__TO DO__. Gather each line in the entries that includes the string "overflow".

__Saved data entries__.
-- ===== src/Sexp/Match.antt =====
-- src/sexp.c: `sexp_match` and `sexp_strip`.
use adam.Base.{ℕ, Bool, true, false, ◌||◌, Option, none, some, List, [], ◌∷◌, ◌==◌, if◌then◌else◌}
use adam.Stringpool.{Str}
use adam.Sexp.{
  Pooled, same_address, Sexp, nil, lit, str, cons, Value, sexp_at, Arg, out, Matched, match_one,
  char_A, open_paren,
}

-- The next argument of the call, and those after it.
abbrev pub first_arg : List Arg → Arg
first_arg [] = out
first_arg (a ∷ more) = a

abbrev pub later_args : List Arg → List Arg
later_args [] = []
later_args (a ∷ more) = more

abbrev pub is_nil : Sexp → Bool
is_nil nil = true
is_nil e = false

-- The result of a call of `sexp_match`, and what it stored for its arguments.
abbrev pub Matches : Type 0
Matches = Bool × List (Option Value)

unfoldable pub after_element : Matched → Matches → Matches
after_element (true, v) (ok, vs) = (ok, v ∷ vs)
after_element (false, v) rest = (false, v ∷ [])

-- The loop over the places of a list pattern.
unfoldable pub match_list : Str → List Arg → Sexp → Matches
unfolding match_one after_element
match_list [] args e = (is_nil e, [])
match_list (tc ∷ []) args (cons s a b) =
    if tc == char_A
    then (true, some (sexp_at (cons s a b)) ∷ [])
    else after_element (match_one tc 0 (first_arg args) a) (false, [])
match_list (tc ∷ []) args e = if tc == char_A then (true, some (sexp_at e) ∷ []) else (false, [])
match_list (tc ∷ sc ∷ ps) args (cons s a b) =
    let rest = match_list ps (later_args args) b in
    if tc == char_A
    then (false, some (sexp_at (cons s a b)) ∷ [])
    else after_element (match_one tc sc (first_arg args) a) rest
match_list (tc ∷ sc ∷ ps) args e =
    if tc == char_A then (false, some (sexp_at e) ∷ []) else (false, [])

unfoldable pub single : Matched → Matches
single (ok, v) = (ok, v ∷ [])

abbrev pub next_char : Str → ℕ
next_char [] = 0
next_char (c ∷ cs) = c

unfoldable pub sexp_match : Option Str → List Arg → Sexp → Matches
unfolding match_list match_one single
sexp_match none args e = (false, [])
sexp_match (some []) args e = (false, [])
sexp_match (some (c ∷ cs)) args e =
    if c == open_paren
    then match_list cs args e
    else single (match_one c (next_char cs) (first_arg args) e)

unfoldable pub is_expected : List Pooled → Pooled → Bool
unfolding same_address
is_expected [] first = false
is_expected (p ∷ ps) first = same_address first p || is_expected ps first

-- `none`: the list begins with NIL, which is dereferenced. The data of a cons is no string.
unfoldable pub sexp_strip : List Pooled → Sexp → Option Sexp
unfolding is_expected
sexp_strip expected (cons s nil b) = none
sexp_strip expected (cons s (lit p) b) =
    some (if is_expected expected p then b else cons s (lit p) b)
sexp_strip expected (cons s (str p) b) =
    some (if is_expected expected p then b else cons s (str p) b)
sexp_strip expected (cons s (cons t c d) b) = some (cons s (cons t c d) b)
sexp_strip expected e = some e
* * *
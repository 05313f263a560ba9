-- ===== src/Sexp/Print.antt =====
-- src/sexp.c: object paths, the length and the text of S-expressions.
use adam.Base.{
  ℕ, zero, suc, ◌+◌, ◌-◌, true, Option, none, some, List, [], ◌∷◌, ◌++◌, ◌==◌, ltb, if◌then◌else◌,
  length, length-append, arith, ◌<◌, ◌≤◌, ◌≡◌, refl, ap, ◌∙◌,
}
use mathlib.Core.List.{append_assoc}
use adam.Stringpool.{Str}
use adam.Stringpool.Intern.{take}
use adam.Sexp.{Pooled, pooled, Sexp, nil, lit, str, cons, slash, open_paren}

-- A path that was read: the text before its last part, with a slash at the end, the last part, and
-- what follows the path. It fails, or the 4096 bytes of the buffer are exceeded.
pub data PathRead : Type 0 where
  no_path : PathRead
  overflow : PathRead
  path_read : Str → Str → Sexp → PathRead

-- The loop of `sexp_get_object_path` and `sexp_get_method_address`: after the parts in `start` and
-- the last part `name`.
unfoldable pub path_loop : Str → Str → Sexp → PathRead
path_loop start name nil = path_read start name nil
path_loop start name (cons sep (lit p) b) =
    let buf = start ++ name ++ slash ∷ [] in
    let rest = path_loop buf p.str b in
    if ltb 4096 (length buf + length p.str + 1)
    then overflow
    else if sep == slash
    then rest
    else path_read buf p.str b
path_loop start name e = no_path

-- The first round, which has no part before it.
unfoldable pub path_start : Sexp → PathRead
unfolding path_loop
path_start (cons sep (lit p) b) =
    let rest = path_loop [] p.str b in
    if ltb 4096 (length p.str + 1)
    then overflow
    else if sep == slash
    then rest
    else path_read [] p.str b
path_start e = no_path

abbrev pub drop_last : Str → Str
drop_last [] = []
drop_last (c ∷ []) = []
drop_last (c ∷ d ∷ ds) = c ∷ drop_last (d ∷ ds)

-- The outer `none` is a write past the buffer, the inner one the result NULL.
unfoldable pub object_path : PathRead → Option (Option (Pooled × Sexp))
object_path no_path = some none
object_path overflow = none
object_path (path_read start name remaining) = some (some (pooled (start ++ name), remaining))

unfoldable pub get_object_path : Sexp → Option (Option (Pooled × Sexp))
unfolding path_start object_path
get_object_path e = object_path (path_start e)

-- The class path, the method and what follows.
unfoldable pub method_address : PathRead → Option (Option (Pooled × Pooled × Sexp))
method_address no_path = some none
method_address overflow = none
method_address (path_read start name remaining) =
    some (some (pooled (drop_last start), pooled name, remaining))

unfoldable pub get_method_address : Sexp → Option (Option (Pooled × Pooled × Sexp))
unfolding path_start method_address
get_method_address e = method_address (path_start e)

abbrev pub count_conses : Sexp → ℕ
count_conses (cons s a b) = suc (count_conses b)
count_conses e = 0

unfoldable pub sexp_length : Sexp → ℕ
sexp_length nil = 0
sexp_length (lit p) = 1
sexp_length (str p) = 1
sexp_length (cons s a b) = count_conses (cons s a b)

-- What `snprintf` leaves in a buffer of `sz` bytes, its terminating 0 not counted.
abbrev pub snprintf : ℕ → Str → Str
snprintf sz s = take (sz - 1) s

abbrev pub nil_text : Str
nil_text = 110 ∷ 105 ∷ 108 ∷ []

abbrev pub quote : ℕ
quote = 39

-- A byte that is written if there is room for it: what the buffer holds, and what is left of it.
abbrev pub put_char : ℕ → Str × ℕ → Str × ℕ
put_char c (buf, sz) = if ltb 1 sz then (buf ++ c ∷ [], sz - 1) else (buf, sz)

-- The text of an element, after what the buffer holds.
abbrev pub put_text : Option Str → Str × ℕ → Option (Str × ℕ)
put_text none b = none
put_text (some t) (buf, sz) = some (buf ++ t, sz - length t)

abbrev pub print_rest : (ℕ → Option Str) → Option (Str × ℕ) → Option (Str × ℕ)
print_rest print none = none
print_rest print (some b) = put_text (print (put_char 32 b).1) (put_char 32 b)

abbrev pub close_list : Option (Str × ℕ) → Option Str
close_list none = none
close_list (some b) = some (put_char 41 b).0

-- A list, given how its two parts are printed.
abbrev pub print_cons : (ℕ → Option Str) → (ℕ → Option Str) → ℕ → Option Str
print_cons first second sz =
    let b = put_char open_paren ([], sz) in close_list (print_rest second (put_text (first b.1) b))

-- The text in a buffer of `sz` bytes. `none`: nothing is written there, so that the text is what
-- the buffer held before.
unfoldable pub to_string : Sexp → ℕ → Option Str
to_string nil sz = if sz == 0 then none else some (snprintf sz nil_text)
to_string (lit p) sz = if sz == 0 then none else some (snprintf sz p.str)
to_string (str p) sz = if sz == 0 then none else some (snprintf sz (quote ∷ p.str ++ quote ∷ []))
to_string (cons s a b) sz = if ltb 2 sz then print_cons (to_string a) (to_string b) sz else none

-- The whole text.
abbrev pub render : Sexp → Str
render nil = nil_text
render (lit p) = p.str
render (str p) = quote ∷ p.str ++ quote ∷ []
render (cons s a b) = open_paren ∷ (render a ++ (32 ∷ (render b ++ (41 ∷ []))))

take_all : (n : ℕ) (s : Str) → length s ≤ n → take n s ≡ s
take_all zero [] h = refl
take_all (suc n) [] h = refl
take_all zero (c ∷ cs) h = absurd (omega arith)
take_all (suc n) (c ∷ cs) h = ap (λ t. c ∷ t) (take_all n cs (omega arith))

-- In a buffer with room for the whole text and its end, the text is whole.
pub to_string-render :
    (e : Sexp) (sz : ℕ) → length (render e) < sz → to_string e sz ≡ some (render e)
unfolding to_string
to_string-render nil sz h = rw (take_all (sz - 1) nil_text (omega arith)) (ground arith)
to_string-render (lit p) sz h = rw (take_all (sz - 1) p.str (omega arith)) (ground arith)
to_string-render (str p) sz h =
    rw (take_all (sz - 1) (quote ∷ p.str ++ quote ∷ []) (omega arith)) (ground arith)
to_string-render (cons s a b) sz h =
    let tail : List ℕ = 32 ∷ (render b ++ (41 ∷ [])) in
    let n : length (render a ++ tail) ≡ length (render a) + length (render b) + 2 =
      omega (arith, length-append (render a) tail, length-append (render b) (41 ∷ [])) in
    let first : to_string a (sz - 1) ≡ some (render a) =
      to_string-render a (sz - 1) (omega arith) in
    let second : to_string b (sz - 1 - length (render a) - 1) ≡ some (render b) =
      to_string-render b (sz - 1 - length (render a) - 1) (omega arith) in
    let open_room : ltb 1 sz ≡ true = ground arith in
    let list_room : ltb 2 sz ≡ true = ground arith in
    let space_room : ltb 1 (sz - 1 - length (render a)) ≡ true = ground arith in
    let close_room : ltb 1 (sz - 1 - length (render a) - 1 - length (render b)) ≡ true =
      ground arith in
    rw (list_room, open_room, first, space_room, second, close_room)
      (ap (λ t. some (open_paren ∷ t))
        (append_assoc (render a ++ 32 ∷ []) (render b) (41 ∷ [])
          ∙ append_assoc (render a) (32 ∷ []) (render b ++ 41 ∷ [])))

__RESPONSE TO THE TASK__.
  overflow : PathRead
    then overflow
    then overflow
object_path overflow = none
method_address overflow = none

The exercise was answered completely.